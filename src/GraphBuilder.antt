-- ===== src/GraphBuilder.antt =====
-- src/p2_satellite/graph_builder.py: the graph of core's exports. networkx's DiGraph is an interface of
-- the calls that the builder makes of it.
pub mod Calls
pub mod Exact
pub mod Perform
pub mod Built
pub mod Ready
pub mod Whole
pub mod Layered
pub mod Structure
pub mod Fetch
use p2_ai_knowledge_graph_fo.Base.{
  ℕ, Bool, true, false, List, [], ◌∷◌, ◌++◌, map, Option, none, some, Text, Dict, Memᴰ, Distinct,
  ◌≡◌, ◌≤◌, ◌↔◌, ◌⊎◌, if◌then◌else◌, ◌>>=◌, length, sorted, text_le, list_eq, nat_eq, ◌==◌, codes,
}
use p2_ai_knowledge_graph_fo.Schema.{
  node_id, split_node_id, validate_edge_type, node_ai_system, node_regulation, node_jurisdiction,
  node_data_category, node_control_type, node_obligation, node_risk_tier, edge_system_uses,
  edge_system_deploys_in, edge_data_triggers, edge_jurisdiction_has, edge_regulation_requires,
  edge_obligation_needs, edge_system_classified_as, edge_risk_tier_adds,
}
use p2_ai_knowledge_graph_fo.Traversal.{EdgeData, NodeData, DiGraph, edge_is_active}

-- The parsed exports.
pub record ObligationItem : Type 0 where
  pub key : Text
  pub needs_controls : List Text

pub record RegulationItem : Type 0 where
  pub key : Text
  pub triggered_by_data_categories : List Text
  pub requires_obligations : List ObligationItem

pub record JurisdictionItem : Type 0 where
  pub key : Text
  pub regulations : List Text

pub record AiSystemItem : Type 0 where
  pub id : Text
  pub data_categories : List Text
  pub geographic_scope : List Text
  pub risk_tier : Text

pub record Exports : Type 0 where
  pub ai_systems : List AiSystemItem
  pub regulations : List RegulationItem
  pub risk_tier_obligations : Dict Text (List ObligationItem)
  pub jurisdictions : List JurisdictionItem

abbrev pub active_edge : Text → EdgeData
active_edge edge_type = record { edge_type = some edge_type; is_active = some true }

-- What the satellite calls of networkx, with what it documents: a node is there once, a new edge between
-- two nodes replaces the one that was there, and adding an edge leaves nodes that are there as they are.
-- `node_data` is `none` for what is no node, and for a node without the two attributes.
pub record Networkx (G : Type 0) : Type 0 where
  pub empty : G
  pub has_node : G → Text → Bool
  pub add_node : Text → NodeData → G → G
  pub add_edge : Text → Text → EdgeData → G → G
  pub nodes : G → List Text
  pub edges : G → List (Text × Text × EdgeData)
  pub node_data : G → Text → Option NodeData
  pub out_edges : G → Text → List (Text × EdgeData)
  pub number_of_edges : G → ℕ
  pub nodes-empty : nodes empty ≡ []
  pub edges-empty : edges empty ≡ []
  pub has_node_iff : (g : G) (n : Text) → (has_node g n ≡ true) ↔ Memᴰ n (nodes g)
  pub mem_nodes-add_node :
      (n : Text) (d : NodeData) (g : G) (v : Text)
      → Memᴰ v (nodes (add_node n d g)) ↔ (Memᴰ v (nodes g) ⊎ (v ≡ n))
  pub mem_nodes-add_edge :
      (s t : Text) (d : EdgeData) (g : G) (v : Text)
      → Memᴰ v (nodes (add_edge s t d g)) ↔ (Memᴰ v (nodes g) ⊎ ((v ≡ s) ⊎ (v ≡ t)))
  pub mem_edges-add_node :
      (n : Text) (d : NodeData) (g : G) (e : Text × Text × EdgeData)
      → Memᴰ e (edges (add_node n d g)) ↔ Memᴰ e (edges g)
  -- An edge that is there gets both attributes anew.
  pub mem_edges-add_edge :
      (s t edge_type : Text) (g : G) (u v : Text) (d : EdgeData)
      → Memᴰ (u, v, d) (edges (add_edge s t (active_edge edge_type) g)) ↔ (
          (Memᴰ (u, v, d) (edges g) × (¬ ((u ≡ s) × (v ≡ t))))
          ⊎ ((u ≡ s) × (v ≡ t) × (d ≡ active_edge edge_type)))
  pub node_data_absent : (g : G) (v : Text) → has_node g v ≡ false → node_data g v ≡ none
  pub node_data-add_node :
      (n : Text) (d : NodeData) (g : G) (v : Text)
      → node_data (add_node n d g) v ≡ (if n == v then some d else node_data g v)
  pub node_data-add_edge :
      (s t : Text) (d : EdgeData) (g : G) (v : Text)
      → has_node g s ≡ true
      → has_node g t ≡ true
      → node_data (add_edge s t d g) v ≡ node_data g v
  pub mem_out_edges :
      (g : G) (u v : Text) (d : EdgeData) → Memᴰ (v, d) (out_edges g u) ↔ Memᴰ (u, v, d) (edges g)
  pub length-out_edges-le : (g : G) (u : Text) → length (out_edges g u) ≤ number_of_edges g

-- A call of the local functions `add_node` and `add_edge`; the ids that `add_edge` takes are those of
-- the nodes' types and keys.
pub data Call : Type 0 where
  node : Text → Text → Call
  edge : Text → Text × Text → Text × Text → Call

module _ {A B : Type 0} where
  -- The calls of a `for` loop.
  unfoldable pub for_each : List A → (A → List B) → List B
  for_each [] body = []
  for_each (x ∷ xs) body = body x ++ for_each xs body

-- A node that `source` leads to.
unfoldable pub linked : Text → Text × Text → Text × Text → List Call
linked edge_type source (node_type, node_key) =
    node node_type node_key ∷ edge edge_type source (node_type, node_key) ∷ []

-- A node that leads to `target`.
unfoldable pub linked_from : Text → Text × Text → Text × Text → List Call
linked_from edge_type (node_type, node_key) target =
    node node_type node_key ∷ edge edge_type (node_type, node_key) target ∷ []

unfoldable pub calls_of_jurisdiction : JurisdictionItem → List Call
calls_of_jurisdiction j =
    node node_jurisdiction j.key
    ∷ for_each j.regulations (λ reg_key.
      linked edge_jurisdiction_has (node_jurisdiction, j.key) (node_regulation, reg_key))

-- An obligation and the controls that it needs, under what requires it.
unfoldable pub calls_of_obligation : Text → Text × Text → ObligationItem → List Call
calls_of_obligation edge_type source ob =
    linked edge_type source (node_obligation, ob.key)
    ++ for_each ob.needs_controls (λ ctrl_key.
      linked edge_obligation_needs (node_obligation, ob.key) (node_control_type, ctrl_key))

unfoldable pub calls_of_regulation : RegulationItem → List Call
calls_of_regulation reg =
    node node_regulation reg.key
    ∷ (for_each reg.triggered_by_data_categories (λ dc_key.
          linked_from edge_data_triggers (node_data_category, dc_key) (node_regulation, reg.key))
        ++ for_each reg.requires_obligations
            (calls_of_obligation edge_regulation_requires (node_regulation, reg.key)))

unfoldable pub calls_of_risk_tier : Text × List ObligationItem → List Call
calls_of_risk_tier (tier_key, obligations) =
    node node_risk_tier tier_key
    ∷ for_each obligations (calls_of_obligation edge_risk_tier_adds (node_risk_tier, tier_key))

unfoldable pub calls_of_ai_system : AiSystemItem → List Call
calls_of_ai_system sysd =
    node node_ai_system sysd.id
    ∷ (for_each sysd.data_categories
          (λ dc_key. linked edge_system_uses (node_ai_system, sysd.id) (node_data_category, dc_key))
        ++ for_each sysd.geographic_scope (λ geo.
          linked edge_system_deploys_in (node_ai_system, sysd.id) (node_jurisdiction, geo))
        ++ linked edge_system_classified_as (node_ai_system, sysd.id)
            (node_risk_tier, sysd.risk_tier))

-- The calls of `build_graph`, in their order.
unfoldable pub calls_of : Exports → List Call
calls_of x =
    for_each x.jurisdictions calls_of_jurisdiction
    ++ for_each x.regulations calls_of_regulation
    ++ for_each x.risk_tier_obligations calls_of_risk_tier
    ++ for_each x.ai_systems calls_of_ai_system

module _ {G : Type 0} (nx : Networkx G) where
  -- The bodies of `add_node` and `add_edge`; `none` is the `ValueError` of schema.py.
  unfoldable pub perform : G → Call → Option G
  perform g (node node_type node_key) = do
    nid ← node_id node_type node_key
    some (
        if nx.has_node g nid
        then g
        else nx.add_node nid (record { node_type = node_type; node_key = node_key }) g)
  perform g (edge edge_type source target) =
      if validate_edge_type edge_type
      then (node_id source.0 source.1 >>= λ source_id. node_id target.0 target.1 >>= λ target_id.
          some (nx.add_edge source_id target_id (active_edge edge_type) g))
      else none

  unfoldable pub perform_all : G → List Call → Option G
  perform_all g [] = some g
  perform_all g (c ∷ calls) = perform g c >>= λ g'. perform_all g' calls

  unfoldable pub build_graph : Exports → Option G
  build_graph x = perform_all nx.empty (calls_of x)

-- What `derive_obligations` reads of the graph that was built.
abbrev pub walked : {G : Type 0} → Networkx G → G → DiGraph
walked nx graph = record {
  has_node = nx.has_node graph;
  node_data = nx.node_data graph;
  out_edges = nx.out_edges graph;
  number_of_edges = nx.number_of_edges graph;
  out_edges_le = nx.length-out_edges-le graph;
}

WHAT TO PRODUCE: Copy out every line from the material above where the string "NodeData" turns up.

EXERCISE RESULT:
use p2_ai_knowledge_graph_fo.Traversal.{EdgeData, NodeData, DiGraph, edge_is_active}
  pub add_node : Text → NodeData → G → G
  pub node_data : G → Text → Option NodeData
      (n : Text) (d : NodeData) (g : G) (v : Text)
      (n : Text) (d : NodeData) (g : G) (e : Text × Text × EdgeData)
      (n : Text) (d : NodeData) (g : G) (v : Text)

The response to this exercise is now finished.